A few green shoots begin to appear in the beginning of April. It’s still cold out, but things are getting a little better.

But only a little.

“Are you going to vote for Finn?” Sasha asks.

“For what?” I say. We’re at Goodwill, looking through a rack of old wedding dresses. It’s Sasha’s idea for her prom dress. Mom is making me buy a dress from a department store; she says that, right now, she needs something like buying me a real prom dress. I didn’t put up as much of a fight as I might have in the past. Brooke bought a dress from a department store too. She says that there are a lot of sequined nightmares at the mall, but it won’t be as hard as I think to find something cool.

Angie is making her dress out of blue crepe. It’s hard for her to find clothes now. Her mother-in-law buys her maternity shirts that look like something Sylvie would wear if she ever got fat. Mostly Angie wears giant T-shirts from bands that broke up in the nineties.

Angie holds up a mock Victorian dress with a high collar for me to see.

“If you want to tell Alex to keep his hands to himself, that will do it,” I say. I go back to searching the rack.

“Well, since I’m about to be the last virgin of our friends, I might as well look the part,” she says. I look up again. Sasha has the dress flung over one arm.

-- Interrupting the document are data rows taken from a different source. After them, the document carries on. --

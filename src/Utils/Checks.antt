-- ===== src/Utils/Checks.antt =====
-- What the tests of account names and passwords accept, and which code they return.
use play_frame.Common.{
  ℕ, zero, suc, ◌+◌, ◌-◌, ◌≤◌, ◌<◌, ◌≡◌, refl, ◌⊎◌, inl, inr, true, false, ◌||◌, arith, eq_cases,
}
use play_frame.Common.Int.{ℤ, pos, negsuc, ◌≤ℤ◌, ltb_ℤ}
use play_frame.Common.Run.{Returns, returns, Returns-map, Returns-if}
use play_frame.Common.Array.{Array, load-ok}
use play_frame.Utils.{not_letter, not_alnum, check_chars, check_account, check_password}

abbrev pub IsWithin : ℤ → ℕ → ℕ → Type 0
IsWithin c low high = (pos low ≤ℤ c) × (c ≤ℤ pos high)

abbrev pub IsLetter : ℤ → Type 0
IsLetter c = IsWithin c 65 90 ⊎ IsWithin c 97 122

abbrev pub IsAlnum : ℤ → Type 0
IsAlnum c = IsWithin c 48 57 ⊎ IsLetter c

letter : (c : ℤ) → not_letter c ≡ false → IsLetter c
letter (pos c) h = ground arith
letter (negsuc c) h = ground arith

alnum : (c : ℤ) → not_alnum c ≡ false → IsAlnum c
alnum (pos c) h = ground arith
alnum (negsuc c) h = ground arith

no_letter : (c : ℤ) → not_letter c ≡ true → IsLetter c → ⊥
no_letter (pos c) h l = ground arith
no_letter (negsuc c) h l = ground arith

no_alnum : (c : ℤ) → not_alnum c ≡ true → IsAlnum c → ⊥
no_alnum (pos c) h l = ground arith
no_alnum (negsuc c) h l = ground arith

module _ (text : Array ℤ) (wrong : ℤ) where
  -- The characters from `i` to `last` are right, or one of them is not.
  abbrev pub Scanned : ℕ → ℕ → ℤ → Type 0
  Scanned i last r =
      ((r ≡ pos 0) × ((j : ℕ) → i ≤ j → j < last → IsAlnum (text.at j)))
      ⊎ ((r ≡ wrong) × ((j : ℕ) × (i ≤ j) × (j < last) × ¬ IsAlnum (text.at j)))

  check_chars-Scanned :
      (n i : ℕ) → i + n ≤ text.size → Returns (Scanned i (i + n)) (check_chars n i text wrong)
  unfolding check_chars
  check_chars-Scanned zero i h = returns (inl (refl, λ j lo hi. absurd (omega arith)))
  check_chars-Scanned (suc n) i h = rw (load-ok text i (omega arith)) (
      Returns-if (not_alnum (text.at i))
        (λ bad. returns (inr (refl, (i, omega arith, omega arith, no_alnum (text.at i) bad))))
        (λ good. Returns-map (check_chars-Scanned n (i + 1) (omega arith)) λ r s. elim s [
          | inl (e, all) ↦ inl (
            e,
            λ j lo hi. elim (eq_cases j i) [
              | inl q ↦ rw q (alnum (text.at i) good)
              | inr ne ↦ all j (omega arith) (omega arith)
            ],
          )
          | inr (e, (j, lo, hi, bad)) ↦ inr (e, (j, omega arith, omega arith, bad))
        ]))

-- Six to 32 characters, a letter and then letters and digits.
pub record IsAccount (account : Array ℤ) (len : ℕ) : Type 0 where
  pub shortest : 6 ≤ len
  pub longest : len ≤ 32
  pub first : IsLetter (account.at 0)
  pub others : (j : ℕ) → 1 ≤ j → j < len → IsAlnum (account.at j)

-- Four to 16 letters and digits.
pub record IsPassword (password : Array ℤ) (len : ℕ) : Type 0 where
  pub shortest : 4 ≤ len
  pub longest : len ≤ 16
  pub all : (j : ℕ) → 0 ≤ j → j < len → IsAlnum (password.at j)

-- The result of CheckAccount, with its reason.
abbrev pub AccountVerdict : Array ℤ → ℕ → ℤ → Type 0
AccountVerdict account len r =
    ((r ≡ pos 0) × IsAccount account len)
    ⊎ ((r ≡ negsuc 0) × ((len < 6) ⊎ (32 < len)))
    ⊎ ((r ≡ negsuc 1) × ¬ IsLetter (account.at 0))
    ⊎ ((r ≡ negsuc 2) × ((j : ℕ) × (1 ≤ j) × (j < len) × ¬ IsAlnum (account.at j)))

-- The result of CheckPassword, with its reason.
abbrev pub PasswordVerdict : Array ℤ → ℕ → ℤ → Type 0
PasswordVerdict password len r =
    ((r ≡ pos 0) × IsPassword password len)
    ⊎ ((r ≡ negsuc 0) × ((len < 4) ⊎ (16 < len)))
    ⊎ ((r ≡ negsuc 1) × ((j : ℕ) × (0 ≤ j) × (j < len) × ¬ IsAlnum (password.at j)))

-- With a length within the array, CheckAccount returns 0 for an account name as it should be, -1
-- for a wrong length, -2 for a first character that is no letter, and -3 where a later one is
-- neither a letter nor a digit.
pub check_account_correct :
    (account : Array ℤ) (len : ℕ)
    → len ≤ account.size
    → Returns (AccountVerdict account len) (check_account account (pos len))
unfolding check_account
check_account_correct account len h =
    Returns-if (ltb_ℤ (pos len) (pos 6) || ltb_ℤ (pos 32) (pos len))
      (λ out. returns (inr (inl (refl, ground (arith, out)))))
      (λ within.
        let low : 6 ≤ len = ground (arith, within) in
        let high : len ≤ 32 = ground (arith, within) in
        rw (load-ok account 0 (omega arith)) (
          Returns-if (not_letter (account.at 0))
            (λ bad. returns (inr (inr (inl (refl, no_letter (account.at 0) bad)))))
            (λ good.
              Returns-map (check_chars-Scanned account (negsuc 2) (len - 1) 1 (omega arith)) λ r s.
                elim s [
                  | inl (e, all) ↦ inl (
                    e,
                    record {
                      shortest = low;
                      longest = high;
                      first = letter (account.at 0) good;
                      others = λ j lo hi. all j lo (omega arith);
                    },
                  )
                  | inr (e, (j, lo, hi, bad)) ↦ inr (inr (inr (e, (j, lo, omega arith, bad))))
                ])))

-- With a length within the array, CheckPassword returns 0 for a password as it should be, -1 for a
-- wrong length, and -2 where a character is neither a letter nor a digit.
pub check_password_correct :
    (password : Array ℤ) (len : ℕ)
    → len ≤ password.size
    → Returns (PasswordVerdict password len) (check_password password (pos len))
unfolding check_password
check_password_correct password len h =
    Returns-if (ltb_ℤ (pos len) (pos 4) || ltb_ℤ (pos 16) (pos len))
      (λ out. returns (inr (inl (refl, ground (arith, out)))))
      (λ within.
        let low : 4 ≤ len = ground (arith, within) in
        let high : len ≤ 16 = ground (arith, within) in
        Returns-map (check_chars-Scanned password (negsuc 1) len 0 (omega arith)) λ r s. elim s [
          | inl (e, all) ↦ inl (
            e,
            record { shortest = low; longest = high; all = λ j lo hi. all j lo (omega arith) },
          )
          | inr (e, (j, lo, hi, bad)) ↦ inr (inr (e, (j, lo, omega arith, bad)))
        ])
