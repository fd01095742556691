-- ===== src/Utils/Hash.antt =====
-- Fnv64aHash is the 64-bit FNV-1a hash: its shifts multiply by the prime.
use Prim.Native.Nat.{bit_xor}
use play_frame.Common.{
  ℕ, zero, suc, ◌+◌, ◌*◌, ◌%◌, ◌^◌, ◌≤◌, ◌≡◌, refl, List, [], ◌∷◌, arith, ap, ◌∙◌,
}
use play_frame.Common.Run.{ok}
use play_frame.Common.Array.{Array, load-ok}
use play_frame.Utils.{fnv_shifts, fnv_loop, fnv64a_hash}

-- The hash as its authors define it.
abbrev pub fnv_prime : ℕ → List ℕ → ℕ
fnv_prime hash [] = hash
fnv_prime hash (byte ∷ bytes) = fnv_prime (bit_xor hash byte * 1099511628211 % 2 ^ 64) bytes

abbrev pub fnv_1a : List ℕ → ℕ
fnv_1a bytes = fnv_prime 14695981039346656037 bytes

-- The `n` bytes from `i` on.
abbrev pub bytes_from : Array ℕ → ℕ → ℕ → List ℕ
bytes_from buf zero i = []
bytes_from buf (suc n) i = buf.at i ∷ bytes_from buf n (i + 1)

shifts_prime : (x : ℕ) → fnv_shifts x ≡ x * 1099511628211 % 2 ^ 64
shifts_prime x = omega arith

fnv_loop-prime :
    (n i : ℕ) (buf : Array ℕ) (h : ℕ)
    → i + n ≤ buf.size
    → fnv_loop n i buf h ≡ ok (fnv_prime h (bytes_from buf n i))
unfolding fnv_loop
fnv_loop-prime zero i buf h le = refl
fnv_loop-prime (suc n) i buf h le = rw (load-ok buf i (omega arith)) (
    fnv_loop-prime n (i + 1) buf (fnv_shifts (bit_xor h (buf.at i))) (omega arith)
    ∙ ap (λ g. ok (fnv_prime g (bytes_from buf n (i + 1)))) (shifts_prime _))

-- Of a length within the buffer, Fnv64aHash returns the FNV-1a hash of the bytes.
pub fnv64a_hash-fnv_1a :
    (buf : Array ℕ) (len : ℕ)
    → len ≤ buf.size
    → fnv64a_hash buf len ≡ ok (fnv_1a (bytes_from buf len 0))
unfolding fnv64a_hash
fnv64a_hash-fnv_1a buf len h = fnv_loop-prime len 0 buf 14695981039346656037 (omega arith)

“Jamie told you about that?” I say.

She nods. “Yeah, why didn’t you?”

I shrug. “I dunno,” I say, and I honestly don’t. “It doesn’t seem real, I guess.”

“Well, you’ve got two months and one week until it will be all the way real.”

“Yeah, I guess so,” I say. I finger the yellowed lace on the nearest dress. “What were you saying about Finny?”

“Oh, are you going to vote for him for Prom King?” I feel my face scrunch into a grimace.

“He’s going to run for Prom King?” I say.

“He and Sylvie together. I thought you would know.” I’m not surprised that I didn’t know though. When Finny and I do talk, he never mentions Sylvie. Ever since Christmas, he usually only asks how I’m doing and I say fine and then we watch TV or go finish our homework. Sometimes we talk about school or the weather.

“I guess that was Sylvie’s idea,” I say. “No wait, I know it was. He hates being the center of attention.”

“But he’s so popular,” Sasha says. I shrug.

“That’s not his fault,” I say. “He’s likable.”